> EXCERPTED RECORDS:
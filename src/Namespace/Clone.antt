-- ===== src/Namespace/Clone.antt =====
-- `create_namespaced_process` of src/namespace.rs.
use Prim.Native.Nat.{bit_or, bit_and}
use virturust.Base.{
  ℕ, ◌≡◌, refl, Bool, true, false, not, Option, none, some, if◌then◌else◌, clone_failed,
}
use virturust.Text.{codes, text_eq}
use virturust.Sys.{Action, pure, throw, ◌>>=◌, acquire, clone}
use virturust.Namespace.Child.{ChildArgs}

abbrev pub clone_newpid : ℕ
clone_newpid = 0x20000000

abbrev pub clone_newns : ℕ
clone_newns = 0x00020000

abbrev pub clone_newuts : ℕ
clone_newuts = 0x04000000

abbrev pub clone_newipc : ℕ
clone_newipc = 0x08000000

abbrev pub clone_newnet : ℕ
clone_newnet = 0x40000000

abbrev pub clone_newuser : ℕ
clone_newuser = 0x10000000

abbrev pub sigchld : ℕ
sigchld = 17

abbrev pub base_flags : ℕ
base_flags =
    bit_or clone_newpid (bit_or clone_newns (bit_or clone_newuts (bit_or clone_newipc sigchld)))

-- `flags |= flag` under a condition
abbrev pub with_flag : Bool → ℕ → ℕ → ℕ
with_flag true flag flags = bit_or flags flag
with_flag false flag flags = flags

unfoldable pub clone_flags : Bool → Bool → ℕ
clone_flags shares_host_network rootless =
    with_flag rootless clone_newuser (with_flag (not shares_host_network) clone_newnet base_flags)

unfoldable pub pid_of_clone : Option ℕ → Action ℕ
pid_of_clone none = throw clone_failed
pid_of_clone (some pid) = pure pid

unfoldable pub create_namespaced_process : ChildArgs → Action ℕ
create_namespaced_process args =
    acquire (clone (clone_flags (text_eq args.network_mode (codes "host")) args.rootless))
    >>= pid_of_clone

abbrev pub Has : ℕ → ℕ → Type 0
Has flag flags = bit_and flags flag ≡ flag

-- Whatever the options: the container's process gets process, mount, host-name and IPC namespaces
-- of its own; it keeps the host's network exactly when it shares it on purpose, and it gets a user
-- namespace exactly when it is rootless.
clone_flags_lem :
    (shares rootless : Bool)
    → Has clone_newpid (clone_flags shares rootless)
      × Has clone_newns (clone_flags shares rootless)
      × Has clone_newuts (clone_flags shares rootless)
      × Has clone_newipc (clone_flags shares rootless)
      × (bit_and (clone_flags shares rootless) clone_newnet ≡ (if shares then 0 else clone_newnet))
      × (bit_and (clone_flags shares rootless) clone_newuser
          ≡ (if rootless then clone_newuser else 0))
unfolding clone_flags
clone_flags_lem true true = (refl, refl, refl, refl, refl, refl)
clone_flags_lem true false = (refl, refl, refl, refl, refl, refl)
clone_flags_lem false true = (refl, refl, refl, refl, refl, refl)
clone_flags_lem false false = (refl, refl, refl, refl, refl, refl)
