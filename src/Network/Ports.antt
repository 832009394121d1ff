-- ===== src/Network/Ports.antt =====
-- `setup_port_forwarding` and `cleanup_port_forwarding` of src/network.rs.
use virturust.Base.{List, [], ◌∷◌, ◌++◌}
use virturust.Text.{Text, codes}
use virturust.Text.Number.{to_string}
use virturust.Sys.{Action, ◌>>◌, for_each}
use virturust.Config.{PortMapping}
use virturust.Network.Command.{bridge_name, run_cmd, try_cmd, numbered}

-- `{container_ip}:{container_port}`
abbrev pub destination : Text → PortMapping → Text
destination ip port = numbered (ip ++ codes ":") port.container_port

-- What follows the chain in both DNAT rules.
abbrev pub dnat : Text → PortMapping → List Text
dnat ip port =
    codes "-p"
    ∷ codes "tcp"
    ∷ codes "--dport"
    ∷ to_string port.host_port
    ∷ codes "-j"
    ∷ codes "DNAT"
    ∷ codes "--to-destination"
    ∷ destination ip port
    ∷ []

abbrev pub nat_table : Text → Text → List Text → List Text
nat_table command chain rest = codes "-t" ∷ codes "nat" ∷ command ∷ chain ∷ rest

abbrev pub return_masquerade : Text → PortMapping → List Text
return_masquerade ip port =
    codes "-d"
    ∷ ip
    ∷ codes "-s"
    ∷ codes "127.0.0.0/8"
    ∷ codes "-p"
    ∷ codes "tcp"
    ∷ codes "--dport"
    ∷ to_string port.container_port
    ∷ codes "-j"
    ∷ codes "MASQUERADE"
    ∷ []

abbrev pub forward_to : Text → PortMapping → List Text
forward_to ip port =
    codes "-I"
    ∷ codes "FORWARD"
    ∷ codes "-d"
    ∷ ip
    ∷ codes "-o"
    ∷ bridge_name
    ∷ codes "-p"
    ∷ codes "tcp"
    ∷ codes "--dport"
    ∷ to_string port.container_port
    ∷ codes "-j"
    ∷ codes "ACCEPT"
    ∷ []

abbrev pub forward_from : Text → List Text
forward_from ip =
    codes "-I"
    ∷ codes "FORWARD"
    ∷ codes "-s"
    ∷ ip
    ∷ codes "-i"
    ∷ bridge_name
    ∷ codes "-m"
    ∷ codes "conntrack"
    ∷ codes "--ctstate"
    ∷ codes "ESTABLISHED,RELATED"
    ∷ codes "-j"
    ∷ codes "ACCEPT"
    ∷ []

-- One round of the loop: only the first rule must succeed.
unfoldable pub publish_port : Text → PortMapping → Action (Unit {0})
publish_port ip port = do
  run_cmd (codes "iptables") (nat_table (codes "-I") (codes "PREROUTING") (dnat ip port))
  try_cmd (codes "iptables") (nat_table (codes "-I") (codes "OUTPUT") (dnat ip port))
  try_cmd (codes "iptables")
      (nat_table (codes "-I") (codes "POSTROUTING") (return_masquerade ip port))
  try_cmd (codes "iptables") (forward_to ip port)
  try_cmd (codes "iptables") (forward_from ip)

unfoldable pub setup_port_forwarding : Text → List PortMapping → Action (Unit {0})
setup_port_forwarding container_ip ports = for_each ports (publish_port container_ip)

-- The rule in OUTPUT is named with the host's address, with which it was not inserted.
unfoldable pub withdraw_port : Text → PortMapping → Action (Unit {0})
withdraw_port ip port = do
  try_cmd (codes "iptables") (nat_table (codes "-D") (codes "PREROUTING") (dnat ip port))
  try_cmd (codes "iptables")
      (nat_table (codes "-D") (codes "OUTPUT") (codes "-d" ∷ port.host_ip ∷ dnat ip port))

unfoldable pub cleanup_port_forwarding : Text → List PortMapping → Action (Unit {0})
cleanup_port_forwarding container_ip ports = for_each ports (withdraw_port container_ip)
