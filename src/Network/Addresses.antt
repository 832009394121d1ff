-- ===== src/Network/Addresses.antt =====
-- The allocators of src/network.rs: `allocate_ip` and `allocate_network_octet`.
use virturust.Base.{
  ℕ, ◌+◌, Bool, true, false, ◌++◌, Option, none, some, leb, io_error, bad_number, pool_exhausted,
}
use virturust.Text.{Text, codes, trim}
use virturust.Text.Files.{FilePath}
use virturust.Text.Number.{parse_uint, u8_max, to_string}
use virturust.Sys.{
  Action, pure, throw, ◌>>=◌, ◌>>◌, perform, attempt, require, fetch, exists, read_file, write_file,
  create_dir_all,
}
use virturust.Network.Command.{network_state_dir, next_ip_file, networks_dir, numbered}

-- The next octet in a file: `first` if there is no file, an error if the file holds no `u8`.
unfoldable pub parse_octet : Option Text → Action ℕ
parse_octet none = throw io_error
parse_octet (some content) = elim (parse_uint u8_max (trim content)) [
  | none ↦ throw bad_number
  | some n ↦ pure n
]

unfoldable pub read_octet : Bool → FilePath → ℕ → Action ℕ
read_octet false path first = pure first
read_octet true path first = fetch (read_file path) >>= parse_octet

-- The same where the text is read with `unwrap_or(first)`.
unfoldable pub octet_or : ℕ → Option Text → Action ℕ
octet_or first none = throw io_error
octet_or first (some content) = elim (parse_uint u8_max (trim content)) [
  | none ↦ pure first
  | some n ↦ pure n
]

unfoldable pub read_octet_or : Bool → FilePath → ℕ → Action ℕ
read_octet_or false path first = pure first
read_octet_or true path first = fetch (read_file path) >>= octet_or first

-- An octet is handed out up to 254, and its successor written.
unfoldable pub advance : FilePath → ℕ → Action ℕ
advance path octet = do
  require pool_exhausted (leb octet 254)
  attempt io_error (write_file path (to_string (octet + 1)))
  pure octet

unfoldable pub allocate_ip : Action Text
allocate_ip = do
  attempt io_error (create_dir_all network_state_dir)
  there ← perform (exists next_ip_file)
  next ← read_octet there next_ip_file 2
  octet ← advance next_ip_file next
  pure (numbered (codes "10.0.42.") octet)

abbrev pub next_octet_file : FilePath
next_octet_file = networks_dir ++ codes "/.next_octet"

unfoldable pub allocate_network_octet : Action ℕ
allocate_network_octet = do
  attempt io_error (create_dir_all networks_dir)
  there ← perform (exists next_octet_file)
  next ← read_octet_or there next_octet_file 43
  advance next_octet_file next

-- Addresses are not reclaimed.
unfoldable pub release_ip : Text → Action (Unit {0})
release_ip container_id = pure tt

> WORK INSTRUCTIONS: Retype the entries exactly from the first line, stopping after the line with "clone_newnet = 0x40000000".

> FINISHED TASK:
filename src/Namespace/Clone.antt
-- ===== src/Namespace/Clone.antt =====
-- `create_namespaced_process` of src/namespace.rs.
use Prim.Native.Nat.{bit_or, bit_and}
use virturust.Base.{
  ℕ, ◌≡◌, refl, Bool, true, false, not, Option, none, some, if◌then◌else◌, clone_failed,
}
use virturust.Text.{codes, text_eq}
use virturust.Sys.{Action, pure, throw, ◌>>=◌, acquire, clone}
use virturust.Namespace.Child.{ChildArgs}

abbrev pub clone_newpid : ℕ
clone_newpid = 0x20000000

abbrev pub clone_newns : ℕ
clone_newns = 0x00020000

abbrev pub clone_newuts : ℕ
clone_newuts = 0x04000000

abbrev pub clone_newipc : ℕ
clone_newipc = 0x08000000

abbrev pub clone_newnet : ℕ
clone_newnet = 0x40000000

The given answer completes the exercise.